◆ Prompt ◆
Across the whole listing, filter for the string "hang" and copy every line that has it.

»»

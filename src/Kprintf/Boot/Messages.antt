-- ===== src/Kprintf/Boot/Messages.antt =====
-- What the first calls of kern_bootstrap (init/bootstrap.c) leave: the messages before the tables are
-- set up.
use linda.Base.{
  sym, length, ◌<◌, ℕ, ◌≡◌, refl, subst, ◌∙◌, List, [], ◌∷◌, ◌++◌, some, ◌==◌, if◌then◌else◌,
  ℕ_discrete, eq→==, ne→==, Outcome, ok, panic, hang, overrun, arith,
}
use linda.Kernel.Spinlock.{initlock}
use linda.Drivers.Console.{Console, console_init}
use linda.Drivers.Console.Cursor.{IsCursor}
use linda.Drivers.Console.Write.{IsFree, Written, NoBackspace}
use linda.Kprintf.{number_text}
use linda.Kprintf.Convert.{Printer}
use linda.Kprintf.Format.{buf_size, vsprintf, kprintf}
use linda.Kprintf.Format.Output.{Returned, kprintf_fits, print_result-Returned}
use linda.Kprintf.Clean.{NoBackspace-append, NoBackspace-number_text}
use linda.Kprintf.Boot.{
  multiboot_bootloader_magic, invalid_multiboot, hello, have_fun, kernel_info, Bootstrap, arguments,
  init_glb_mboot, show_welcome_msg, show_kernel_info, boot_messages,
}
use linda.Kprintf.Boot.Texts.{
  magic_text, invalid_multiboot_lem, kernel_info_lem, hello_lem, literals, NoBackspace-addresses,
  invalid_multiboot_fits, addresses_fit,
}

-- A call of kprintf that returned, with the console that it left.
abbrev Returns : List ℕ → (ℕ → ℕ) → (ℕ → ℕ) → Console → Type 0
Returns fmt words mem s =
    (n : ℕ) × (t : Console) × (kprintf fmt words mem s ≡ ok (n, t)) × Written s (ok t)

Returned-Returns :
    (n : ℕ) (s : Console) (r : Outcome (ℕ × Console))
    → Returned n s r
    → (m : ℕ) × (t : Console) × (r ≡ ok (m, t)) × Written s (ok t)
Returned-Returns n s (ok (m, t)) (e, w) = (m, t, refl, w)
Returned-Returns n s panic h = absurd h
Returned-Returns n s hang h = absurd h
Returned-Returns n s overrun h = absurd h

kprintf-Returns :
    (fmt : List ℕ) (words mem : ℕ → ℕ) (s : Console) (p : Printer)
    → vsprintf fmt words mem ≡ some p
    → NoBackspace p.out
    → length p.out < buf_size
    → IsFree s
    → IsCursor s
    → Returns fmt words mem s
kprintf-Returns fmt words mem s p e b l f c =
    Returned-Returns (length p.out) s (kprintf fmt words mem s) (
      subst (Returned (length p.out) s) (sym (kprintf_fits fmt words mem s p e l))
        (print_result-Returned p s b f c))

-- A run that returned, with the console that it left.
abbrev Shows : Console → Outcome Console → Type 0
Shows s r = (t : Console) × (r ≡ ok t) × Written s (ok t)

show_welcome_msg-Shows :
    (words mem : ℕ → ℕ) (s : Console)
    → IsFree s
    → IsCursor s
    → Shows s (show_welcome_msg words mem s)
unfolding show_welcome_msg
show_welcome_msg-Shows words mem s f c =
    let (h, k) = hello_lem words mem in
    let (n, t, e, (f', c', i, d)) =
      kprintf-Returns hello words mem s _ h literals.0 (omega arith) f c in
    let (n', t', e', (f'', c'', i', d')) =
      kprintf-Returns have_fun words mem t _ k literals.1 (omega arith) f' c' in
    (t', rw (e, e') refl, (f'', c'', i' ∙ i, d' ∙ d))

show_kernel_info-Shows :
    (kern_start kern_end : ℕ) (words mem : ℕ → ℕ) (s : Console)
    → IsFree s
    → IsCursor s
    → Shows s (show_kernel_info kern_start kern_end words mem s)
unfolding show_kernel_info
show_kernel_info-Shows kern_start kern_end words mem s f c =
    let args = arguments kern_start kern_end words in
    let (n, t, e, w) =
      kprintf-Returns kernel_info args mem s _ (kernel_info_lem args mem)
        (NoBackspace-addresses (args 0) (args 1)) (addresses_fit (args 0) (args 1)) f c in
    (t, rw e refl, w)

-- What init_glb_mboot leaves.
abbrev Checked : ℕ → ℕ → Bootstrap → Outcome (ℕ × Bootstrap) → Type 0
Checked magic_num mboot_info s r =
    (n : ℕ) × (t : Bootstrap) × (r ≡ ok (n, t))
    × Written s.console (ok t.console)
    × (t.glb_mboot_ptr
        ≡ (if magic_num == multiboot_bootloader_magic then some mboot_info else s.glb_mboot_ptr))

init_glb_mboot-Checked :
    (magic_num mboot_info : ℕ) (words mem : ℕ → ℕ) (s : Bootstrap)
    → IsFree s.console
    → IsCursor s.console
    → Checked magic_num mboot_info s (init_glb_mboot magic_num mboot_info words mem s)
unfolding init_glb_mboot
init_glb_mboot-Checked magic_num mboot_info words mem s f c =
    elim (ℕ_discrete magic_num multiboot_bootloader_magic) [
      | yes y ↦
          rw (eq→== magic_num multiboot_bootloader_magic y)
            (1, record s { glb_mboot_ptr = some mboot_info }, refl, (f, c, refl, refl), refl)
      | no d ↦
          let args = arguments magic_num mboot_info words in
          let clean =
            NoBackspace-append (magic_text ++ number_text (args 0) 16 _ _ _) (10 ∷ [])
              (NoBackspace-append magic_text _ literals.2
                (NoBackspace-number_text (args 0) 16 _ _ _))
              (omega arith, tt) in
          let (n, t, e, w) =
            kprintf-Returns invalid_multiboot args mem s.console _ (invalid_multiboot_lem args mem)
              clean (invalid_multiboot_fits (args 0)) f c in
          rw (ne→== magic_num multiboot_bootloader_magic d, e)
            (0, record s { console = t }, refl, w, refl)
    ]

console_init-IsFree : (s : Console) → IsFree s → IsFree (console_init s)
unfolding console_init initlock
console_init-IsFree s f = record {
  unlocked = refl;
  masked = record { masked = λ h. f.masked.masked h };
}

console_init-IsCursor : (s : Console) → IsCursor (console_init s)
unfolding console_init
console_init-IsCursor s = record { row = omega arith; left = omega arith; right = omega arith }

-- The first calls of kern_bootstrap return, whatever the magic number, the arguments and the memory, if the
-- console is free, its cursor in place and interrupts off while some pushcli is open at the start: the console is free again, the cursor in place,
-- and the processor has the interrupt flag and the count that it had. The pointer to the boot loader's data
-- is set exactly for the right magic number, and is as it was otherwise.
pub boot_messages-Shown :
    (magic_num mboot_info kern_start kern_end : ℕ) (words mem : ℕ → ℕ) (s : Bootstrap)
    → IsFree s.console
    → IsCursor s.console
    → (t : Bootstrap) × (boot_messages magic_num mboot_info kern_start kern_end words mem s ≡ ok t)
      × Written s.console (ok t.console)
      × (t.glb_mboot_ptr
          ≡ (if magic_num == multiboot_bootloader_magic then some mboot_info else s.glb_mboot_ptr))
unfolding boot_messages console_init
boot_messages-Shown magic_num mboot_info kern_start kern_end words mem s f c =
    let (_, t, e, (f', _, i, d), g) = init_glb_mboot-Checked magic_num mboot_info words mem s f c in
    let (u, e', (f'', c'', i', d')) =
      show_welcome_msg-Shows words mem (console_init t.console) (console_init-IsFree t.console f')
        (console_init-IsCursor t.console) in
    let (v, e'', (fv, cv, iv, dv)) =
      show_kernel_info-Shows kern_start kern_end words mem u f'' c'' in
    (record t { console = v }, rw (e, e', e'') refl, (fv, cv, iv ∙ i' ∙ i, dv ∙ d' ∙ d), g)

««
»»

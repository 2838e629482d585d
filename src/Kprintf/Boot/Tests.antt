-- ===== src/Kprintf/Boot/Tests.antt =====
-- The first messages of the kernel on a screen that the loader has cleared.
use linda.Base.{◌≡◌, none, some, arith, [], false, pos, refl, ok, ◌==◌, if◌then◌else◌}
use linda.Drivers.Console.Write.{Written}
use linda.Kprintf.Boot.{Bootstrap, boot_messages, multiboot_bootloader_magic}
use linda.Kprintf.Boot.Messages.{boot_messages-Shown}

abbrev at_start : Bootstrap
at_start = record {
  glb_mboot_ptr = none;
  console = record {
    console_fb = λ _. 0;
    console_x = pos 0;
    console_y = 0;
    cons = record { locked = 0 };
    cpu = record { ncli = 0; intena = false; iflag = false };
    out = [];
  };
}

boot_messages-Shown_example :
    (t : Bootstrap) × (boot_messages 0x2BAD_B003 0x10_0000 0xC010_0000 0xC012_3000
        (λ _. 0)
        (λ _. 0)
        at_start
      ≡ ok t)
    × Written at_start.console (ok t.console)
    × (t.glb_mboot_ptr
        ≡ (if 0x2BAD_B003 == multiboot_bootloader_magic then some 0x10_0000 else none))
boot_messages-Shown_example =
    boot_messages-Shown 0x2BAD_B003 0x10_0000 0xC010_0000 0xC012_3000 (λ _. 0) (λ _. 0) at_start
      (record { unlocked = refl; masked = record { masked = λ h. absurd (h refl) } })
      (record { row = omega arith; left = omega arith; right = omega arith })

««

◆ Written solution ◆
  ℕ_discrete, eq→==, ne→==, Outcome, ok, panic, hang, overrun, arith,
Returned-Returns n s hang h = absurd h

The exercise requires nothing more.